Code (simplified for testing purposes):

import multiprocessing
import numpy as np
from multiprocessing import shared_memory

def multiprocessing_function(args):
    nn, shm_name, y_shm_name, shape, dtype, N = args
    existing_shm = shared_memory.SharedMemory(name=shm_name)
    x = np.ndarray(shape, dtype=dtype, buffer=existing_shm.buf)
    existing_y_shm = shared_memory.SharedMemory(name=y_shm_name)
    y = np.ndarray((N,), dtype=dtype, buffer=existing_y_shm.buf)
    y[nn] = 1
    existing_shm.close()
    existing_y_shm.close()

if __name__ == '__main__':
    x = np.random.rand(int(1e7), 16)
    N = 8760 # Number of hours in a year
            
    dtype = x.dtype
    shm = shared_memory.SharedMemory(create=True, size=x.nbytes)
    shm_array = np.ndarray(x.shape, dtype=x.dtype, buffer=shm.buf)
    np.copyto(shm_array, x)
    y_shm = shared_memory.SharedMemory(create=True, size=N * x.itemsize)
    y_array = np.ndarray((N,), dtype=x.dtype, buffer=y_shm.buf)
    
    args_case = [(nn, shm.name, y_shm.name, x.shape, dtype, N) for nn in range(N)]
    with multiprocessing.Pool() as pool:
        pool.map(multiprocessing_function, args_case)
    
    y = np.array(y_array)

    shm.close()
    y_shm.close()
    shm.unlink()
    y_shm.unlink()

Issue:
When I run the code, it returns the correct vector, but 50% of the time, I get a "Windows fatal exception: access violation" and the kernel crashes. If I then change the size of the array, it might have no issues, but if I restart Spyder and try to rerun the same code with the new array size, the same error would come up and the kernel would crash again. This inconsistent behavior is incredibly strange. I have a feeling this is a memory leakage issue, but I don't know how to fix it.


Solution

  • Either Spyder itself or the IPython shell is trying to access one of your shared numpy arrays after the shared memory file has been closed. My first guess is that Spyder is trying to populate it's "Variable Explorer" pane by enumerating local variables. This causes an access to the numpy array, but the memory location it is pointing to is no longer valid because the SharedMemory has been closed.

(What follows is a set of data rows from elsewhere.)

-- ===== src/Farmers/Bank.antt =====
-- The requests for a change of bank details (services/farmer_service.py).
use mathlib.Core.Path.{subst}
use agri_flow.Prelude.{
  ℕ, ◌≤◌, ◌≡◌, refl, inl, inr, arith, String, Bool, true, false, Option, none, some, [], ◌∷◌, ◌==◌,
  if◌then◌else◌, Bool-cases, Option-cases, ==_iff,
}
use agri_flow.Prelude.Table.{
  Table, lookup, insert, select, count_by, count_by-insert, count_by-insert_new, lookup-insert_self,
}
use agri_flow.Enums.{BankRequestStatus}
use agri_flow.Errors.{Error, ok, err}
use agri_flow.Exec.{Result-cases}
use agri_flow.Exec.Pure.{scalar_one_or_none-none}
use agri_flow.Models.{FarmerProfile, BankChangeRequest, Db}
use agri_flow.Session.{Session}
use agri_flow.Notify.{notify_user, notify_roles, audit}
use agri_flow.Accounts.{profile_of}
use agri_flow.Farmers.{
  is_pending, is_pending_of, pending_request, BankDetails, new_request, request_bank_change,
  reviewed, review_bank_change,
}

abbrev pub one_if : ℕ → BankChangeRequest → ℕ
one_if farmer_id r = if is_pending_of farmer_id r then 1 else 0

-- no farmer has two pending requests
unfoldable pub IsReviewed : Db → Type 0
IsReviewed d = (farmer_id : ℕ) → count_by (one_if farmer_id) d.bank_requests ≤ 1

count_by-select :
    (farmer_id : ℕ) (t : Table BankChangeRequest)
    → select (is_pending_of farmer_id) t ≡ []
    → count_by (one_if farmer_id) t ≡ 0
count_by-select farmer_id [] h = refl
count_by-select farmer_id ((k, r) ∷ t) h = elim (Bool-cases (is_pending_of farmer_id r)) [
  | inl e ↦ absurd (cc (rw e at h))
  | inr e ↦ let h₁ = rw e at h in rw e (ground (arith, count_by-select farmer_id t h₁))
]

one_if-new :
    (f farmer_id : ℕ) (b : BankDetails)
    → one_if f (new_request farmer_id b) ≡ (if farmer_id == f then 1 else 0)
one_if-new f farmer_id b = elim (Bool-cases (farmer_id == f)) [
  | inl e ↦ rw e refl
  | inr e ↦ rw e refl
]

new_request-count :
    (f farmer_id : ℕ) (b : BankDetails) (k : ℕ) (t : Table BankChangeRequest)
    → lookup k t ≡ none
    → count_by (one_if farmer_id) t ≡ 0
    → count_by (one_if f) t ≤ 1
    → count_by (one_if f) (insert k (new_request farmer_id b) t) ≤ 1
new_request-count f farmer_id b k t fresh empty few =
    rw
      (count_by-insert_new (one_if f) k (new_request farmer_id b) t fresh, one_if-new f farmer_id b)
      (elim (Bool-cases (farmer_id == f)) [
        | inl e ↦
            let same = (==_iff farmer_id f).0 e in
            let none_yet : count_by (one_if f) t ≡ 0 =
              subst (λ i. count_by (one_if i) t ≡ 0) same empty in
            rw e (omega (arith, none_yet))
        | inr e ↦ rw e (omega (arith, few))
      ])

one_if-reviewed :
    (f now reviewer_id : ℕ) (approve : Bool) (notes : Option String) (r : BankChangeRequest)
    → one_if f (reviewed now reviewer_id approve notes r) ≡ 0
one_if-reviewed f now reviewer_id true notes r = elim (Bool-cases (r.farmer_id == f)) [
  | inl e ↦ rw e refl
  | inr e ↦ rw e refl
]
one_if-reviewed f now reviewer_id false notes r = elim (Bool-cases (r.farmer_id == f)) [
  | inl e ↦ rw e refl
  | inr e ↦ rw e refl
]

reviewed-count :
    (f now reviewer_id : ℕ) (approve : Bool) (notes : Option String) (r : BankChangeRequest) (k : ℕ)
    (t : Table BankChangeRequest)
    → lookup k t ≡ some r
    → count_by (one_if f) t ≤ 1
    → count_by (one_if f) (insert k (reviewed now reviewer_id approve notes r) t) ≤ 1
reviewed-count f now reviewer_id approve notes r k t row few = omega (
  arith,
  few,
  count_by-insert (one_if f) k (reviewed now reviewer_id approve notes r) r t row,
  one_if-reviewed f now reviewer_id approve notes r,
)

pub request_bank_change-IsReviewed :
    (farmer_id : ℕ) (b : BankDetails) (request_id : ℕ) (s : Session)
    → IsReviewed s.db
    → IsReviewed (request_bank_change farmer_id b request_id s).1.db
unfolding IsReviewed request_bank_change notify_roles audit
request_bank_change-IsReviewed farmer_id b request_id s inv f =
    elim (Result-cases (pending_request farmer_id s.db)) [
      | inr (x, many) ↦ rw many (inv f)
      | inl (some old, taken) ↦ rw taken (inv f)
      | inl (none, free) ↦ elim (Option-cases (lookup request_id s.db.bank_requests)) [
        | inr (x, used) ↦ rw free (rw used (inv f))
        | inl fresh ↦ rw free (
            rw fresh (
              new_request-count f farmer_id b request_id s.db.bank_requests fresh
                (count_by-select farmer_id s.db.bank_requests (scalar_one_or_none-none _ free))
                (inv f)))
      ]
    ]

pub review_bank_change-IsReviewed :
    (now reviewer_id request_id : ℕ) (approve : Bool) (notes : Option String) (s : Session)
    → IsReviewed s.db
    → IsReviewed (review_bank_change now reviewer_id request_id approve notes s).1.db
unfolding IsReviewed review_bank_change notify_user audit
review_bank_change-IsReviewed now reviewer_id request_id approve notes s inv f =
    elim (Option-cases (lookup request_id s.db.bank_requests)) [
      | inl missing ↦ rw missing (inv f)
      | inr (r, row) ↦ elim (Bool-cases (is_pending r.status)) [
        | inr done ↦ rw (row, done) (inv f)
        | inl waiting ↦
            let kept = λ (b : Bool).
              reviewed-count f now reviewer_id b notes r request_id s.db.bank_requests row
                (inv f) in
            elim (Bool-cases approve) [
              | inr no_ ↦ rw (row, waiting, no_) (kept false)
              | inl yes_ ↦ elim (Result-cases (profile_of r.farmer_id s.db)) [
                | inr (x, many) ↦ rw (row, waiting, yes_, many) (kept true)
                | inl (none, missing) ↦ rw (row, waiting, yes_, missing) (kept true)
                | inl (some (k, p), found) ↦ rw (row, waiting, yes_, found) (kept true)
              ]
            ]
      ]
    ]

-- The review of a pending request for a change of bank details, of a farmer with one profile,
-- succeeds. It sets the request's status to approved or rejected as the reviewer decides, with the
-- notes, the time and the reviewer; it copies the four bank columns of the request to the profile
-- where it approves, and leaves the profiles alone where it does not; and any later review of the
-- request is refused as a conflict.
pub review_bank_change_lem :
    (now reviewer_id request_id : ℕ) (approve : Bool) (notes : Option String) (s : Session)
    (r : BankChangeRequest) (k : ℕ) (p : FarmerProfile)
    → lookup request_id s.db.bank_requests ≡ some r
    → r.status ≡ BankRequestStatus.pending
    → profile_of r.farmer_id s.db ≡ ok (some (k, p))
    → let done = review_bank_change now reviewer_id request_id approve notes s in
      let r' : BankChangeRequest = record r {
        status = if approve then BankRequestStatus.approved else BankRequestStatus.rejected;
        admin_notes = notes;
        reviewed_at = some now;
        reviewed_by = some reviewer_id;
      } in
      let p' : FarmerProfile = record p {
        bank_name = r.bank_name;
        account_number = r.account_number;
        ifsc_code = r.ifsc_code;
        upi_id = r.upi_id;
      } in
      (done.0 ≡ ok r')
      × (done.1.db.bank_requests ≡ insert request_id r' s.db.bank_requests)
      × (done.1.db.farmer_profiles
          ≡ (if approve then insert k p' s.db.farmer_profiles else s.db.farmer_profiles))
      × ((later other_id : ℕ) (approve' : Bool) (notes' : Option String)
          → (review_bank_change later other_id request_id approve' notes' done.1).0
            ≡ err Error.conflict)
unfolding review_bank_change notify_user audit
review_bank_change_lem now reviewer_id request_id true notes s r k p row waiting found =
    rw (row, waiting, found)
      (
        refl,
        refl,
        refl,
        λ later other_id approve' notes'.
            rw
              (lookup-insert_self request_id (reviewed now reviewer_id true notes r)
                s.db.bank_requests)
              refl,
      )
review_bank_change_lem now reviewer_id request_id false notes s r k p row waiting found =
    rw (row, waiting)
      (
        refl,
        refl,
        refl,
        λ later other_id approve' notes'.
            rw
              (lookup-insert_self request_id (reviewed now reviewer_id false notes r)
                s.db.bank_requests)
              refl,
      )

    SharedMemory creates files on the filesystem (so they're sharable) in a way that they will only reside in memory (so they're fast). Then you are given memory-mapped access to that file as a buffer. There are some differences depending on the OS, but in general this holds true. Like any other file, you have a bit more responsibility to clean up after yourself: close() and unlink().

    Unfortunately Numpy has no way to know the buffer it's pointing to has been closed, so it will go ahead and try to access the same memory it was previously pointing to. Windows calls it "Access Violation", and everyone else calls it "Segmentation Fault".

    To solve this problem:

    • You can simply change the settings in Spyder to run scripts in an external terminal and not access the arrays after the shm's are closed.
    • You can call del shm_array and del y_array after you're done with them (right before closing the shm's). This will remove them from the module scope so the IPython kernel doesn't try to access them.
    • You can put the stuff in a function so your numpy arrays go out of scope and get garbage collected automatically when the function returns.
    • You can just not close the shm files: Like other file handles, they get closed as part of the python process exiting. Closing your current shell (and starting a new one) should do the trick. On windows if no process has a handle to any given SHM open, it will automatically be deleted. On Linux (and maybe MacOS?) the file will only be deleted when calling unlink or when the computer is rebooted.